[[ Input, beginning ]]

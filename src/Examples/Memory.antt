-- ===== src/Examples/Memory.antt =====
-- Examples of the theorems on VRAM pools, the store of measurements and calibration.
use vvz_lmrs.Prelude.{◌≡◌, ◌↔◌, ◌≢◌, refl, true, false, none, some, List, [], ◌∷◌, All, ok}
use vvz_lmrs.Prelude.Int.{ℤ, pos, ◌+ℤ◌, ◌-ℤ◌, ◌//ℤ◌, max_ℤ}
use vvz_lmrs.Prelude.Dict.{lookup}
use vvz_lmrs.Prelude.Value.{Value}
use vvz_lmrs.Vram.{VramRuntimeFacts, DynamicVramState}
use vvz_lmrs.Vram.Store.{
  GpuMemoryMeasurement, StoredFile, missing, document, written, refused, torn, read,
}
use vvz_lmrs.Vram.Store.Honest.{IsHonest, unknown}
use vvz_lmrs.Vram.Store.History.{
  Entry, baseline, loaded, replay, HoldsBaseline, replay-IsHonest, replay_keeps_baseline,
}
use vvz_lmrs.Calibration.{
  profile_of, accumulate, check_observation, add_observation, kv_cost, CalibrationKey,
  CalibrationObservation, CalibrationProfile, build_calibration_profile,
}
use vvz_lmrs.Calibration.Loop.{IsMeasured}
use vvz_lmrs.Calibration.Profile.{IsCost, built_iff, built-IsCost}

abbrev facts : VramRuntimeFacts
facts = record {
  resident_services = [];
  service_baseline_free_vram_bytes = pos 900;
  model_loaded_free_vram_bytes = some (pos 300);
  model_name = none;
  runtime_backend = none;
  quantization_profile = none;
  hardware_profile_id = none;
  measurement_metadata = [];
}

abbrev state : DynamicVramState
state = record {
  model_loaded_free_vram_bytes = pos 300;
  safety_margin_bytes = pos 50;
  runtime_reserve_bytes = pos 50;
  active_reservation_bytes = pos 80;
}

-- a reading of `free` bytes
abbrev reading : ℤ → GpuMemoryMeasurement
reading free = record {
  is_ok = true;
  total_bytes = pos 1000;
  free_bytes = free;
  used_bytes = pos 1000 -ℤ free;
  devices = [];
  measured_at = "t0";
  source = "nvidia-smi";
  error = none;
}

abbrev history : List Entry
history =
    baseline (reading (pos 900)) [] false written
    ∷ loaded "qwen" (reading (pos 300)) "vllm" "awq" written
    ∷ baseline (reading (pos 300)) [] true written
    ∷ loaded "qwen" (reading (pos 290)) "vllm" "awq" (torn "disk full")
    ∷ []

replay-IsHonest_example : IsHonest (read (replay history missing))
replay-IsHonest_example = replay-IsHonest history missing (unfold read lookup in unknown)

abbrev stored : StoredFile
stored = document (
    ("baseline_model_served", Value.bool false)
    ∷ ("service_baseline_free_vram_bytes", Value.int (pos 900))
    ∷ [])

abbrev running : List Entry
running =
    baseline (reading (pos 300)) [] true written
    ∷ loaded "qwen" (reading (pos 290)) "vllm" "awq" (refused "read-only")
    ∷ loaded "qwen" (reading (pos 280)) "vllm" "awq" written
    ∷ []

replay_keeps_baseline_example : HoldsBaseline (pos 900) (read (replay running stored))
replay_keeps_baseline_example =
    replay_keeps_baseline running (pos 900) stored (refl, (refl, (refl, tt)))
      (unfold read lookup in (refl, refl))

abbrev key : CalibrationKey
key = record {
  model_name = "qwen";
  runtime_backend = "vllm";
  quantization_profile = "awq";
  hardware_profile_id = "card";
  tokenizer_profile = none;
  metadata = [];
}

abbrev observation : ℤ → ℤ → CalibrationObservation
observation actual overhead = record {
  prompt_tokens = pos 80;
  output_tokens = pos 20;
  predicted_dynamic_vram_bytes = pos 400;
  actual_dynamic_vram_bytes = actual;
  per_request_overhead_bytes = overhead;
  runtime_batch_overhead_bytes = pos 10;
  metadata = [];
}

abbrev observations : List CalibrationObservation
observations = observation (pos 450) (pos 30) ∷ observation (pos 500) (pos 40) ∷ []

abbrev profile : CalibrationProfile
profile = record {
  key = key;
  kv_bytes_per_token = pos 4;
  per_request_overhead_bytes = pos 40;
  runtime_batch_overhead_bytes = pos 10;
  observation_count = 2;
  source = "empirical";
  valid = true;
  invalidation_reason = none;
  metadata = [];
}

built_iff_example :
    ((p : CalibrationProfile) × (build_calibration_profile key observations ≡ ok p))
    ↔ ((observations ≢ []) × All IsMeasured observations)
built_iff_example = built_iff key observations

built : build_calibration_profile key observations ≡ ok profile
unfolding build_calibration_profile profile_of accumulate check_observation add_observation kv_cost
    ◌+ℤ◌ ◌-ℤ◌ ◌//ℤ◌ max_ℤ
built = refl

built-IsCost_example : IsCost (pos 860) (pos 200) (pos 4)
unfolding ◌+ℤ◌ ◌-ℤ◌
built-IsCost_example = built-IsCost key observations profile built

[[ Input, end ]]

▶ [About this task] Reproduce exactly, and with no other material, the lines between those holding "kv_bytes_per_token = pos 4;" and "((p : CalibrationProfile)", inclusive.

▶ [Task solution]
  kv_bytes_per_token = pos 4;
  per_request_overhead_bytes = pos 40;
  runtime_batch_overhead_bytes = pos 10;
  observation_count = 2;
  source = "empirical";
  valid = true;
  invalidation_reason = none;
  metadata = [];
}

built_iff_example :
    ((p : CalibrationProfile) × (build_calibration_profile key observations ≡ ok p))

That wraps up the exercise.